From Intuition to Understanding: Using AI Peers to Overcome Physics Misconceptions
Ruben Weijers, Denton Wu, Hannah Betts, Tamara Jacod, Yuxiang Guan, Vidya Sujaya, Kushal Dev, Toshali Goel, William Delooze, Reihaneh Rabbany, Ying Wu, Jean-François Godbout, Kellin Pelrine
TL;DR
The paper investigates an AI 'Peer' designed to correct deep physics misconceptions in Newtonian mechanics via targeted dialogue, treating AI as fallible rather than authoritative. In a randomized trial with 165 undergraduates, the treatment group receiving misconception-focused AI interactions showed a significant post-test advantage of about 10.5 percentage points and a notably higher learning gain than the control group, despite the AI sometimes answering incorrectly. The study combines quantitative gains using a modified Force Concept Inventory with qualitative human evaluation of AI outputs, finding that the learning process during dialogue—rather than perfect AI accuracy—drives improvement. These findings suggest AI Peers can support constructive learning and critical thinking, while highlighting design considerations to manage AI reliability, engagement, and pedagogy for scalable, AI-assisted education.
Abstract
Generative AI has the potential to transform personalization and accessibility of education.

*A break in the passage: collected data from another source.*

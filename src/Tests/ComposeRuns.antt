-- ===== src/Tests/ComposeRuns.antt =====
-- Composed objects: runs and an instance.
use mefs_sdk_go.Prelude.{ℕ, ◌≡◌, refl, false, none, some, [], ◌∷◌}
use mefs_sdk_go.Upload.Splits.{parts_required, current_part_size, split_loop, calculate_even_splits}
use mefs_sdk_go.Upload.Compose.{
  Source, refused_with, copied_whole, copied_parts, too_small, compose_object, plan_of,
  check_sources, source_size, segment_size, segment_error, copy_sources, copy_splits,
}
use mefs_sdk_go.Upload.Compose.Copies.{IsLaid, compose_object-IsLaid}

abbrev whole_of : ℕ → Source
whole_of n = record { size = some n; is_encrypted = false; range = none }

abbrev ten_mib : Source
ten_mib = record { size = some 20971520; is_encrypted = false; range = some (100, 10485859) }

two_parts :
    compose_object (ten_mib ∷ whole_of 7 ∷ [])
    ≡ copied_parts (
        record { part_index = 1; source = 0; start = 100; end' = 10485859 }
        ∷ record { part_index = 2; source = 1; start = 0; end' = 6 }
        ∷ [])
unfolding compose_object plan_of check_sources source_size segment_size segment_error copy_sources
    copy_splits calculate_even_splits parts_required split_loop current_part_size
two_parts = refl

small_first : compose_object (whole_of 7 ∷ ten_mib ∷ []) ≡ refused_with too_small
unfolding compose_object plan_of check_sources source_size segment_size segment_error parts_required
small_first = refl

one_request : compose_object (whole_of 7 ∷ []) ≡ copied_whole
unfolding compose_object plan_of check_sources source_size segment_size segment_error parts_required
one_request = refl

compose_object-IsLaid_example :
    IsLaid (ten_mib ∷ whole_of 7 ∷ []) (compose_object (ten_mib ∷ whole_of 7 ∷ []))
compose_object-IsLaid_example = compose_object-IsLaid (ten_mib ∷ whole_of 7 ∷ [])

However, it raises serious concerns about accuracy and helping students become independent critical thinkers. In this study, we designed a helpful AI "Peer" to help students correct fundamental physics misconceptions related to Newtonian mechanic concepts. In contrast to approaches that seek near-perfect accuracy to create an authoritative AI tutor or teacher, we directly inform students that this AI can answer up to 40% of questions incorrectly. In a randomized controlled trial with 165 students, those who engaged in targeted dialogue with the AI Peer achieved post-test scores that were, on average, 10.5 percentage points higher - with over 20 percentage points higher normalized gain - than a control group that discussed physics history. Qualitative feedback indicated that 91% of the treatment group's AI interactions were rated as helpful. Furthermore, by comparing student performance on pre- and post-test questions about the same concept, along with experts' annotations of the AI interactions, we find initial evidence suggesting the improvement in performance does not depend on the correctness of the AI. With further research, the AI Peer paradigm described here could open new possibilities for how we learn, adapt to, and grow with AI.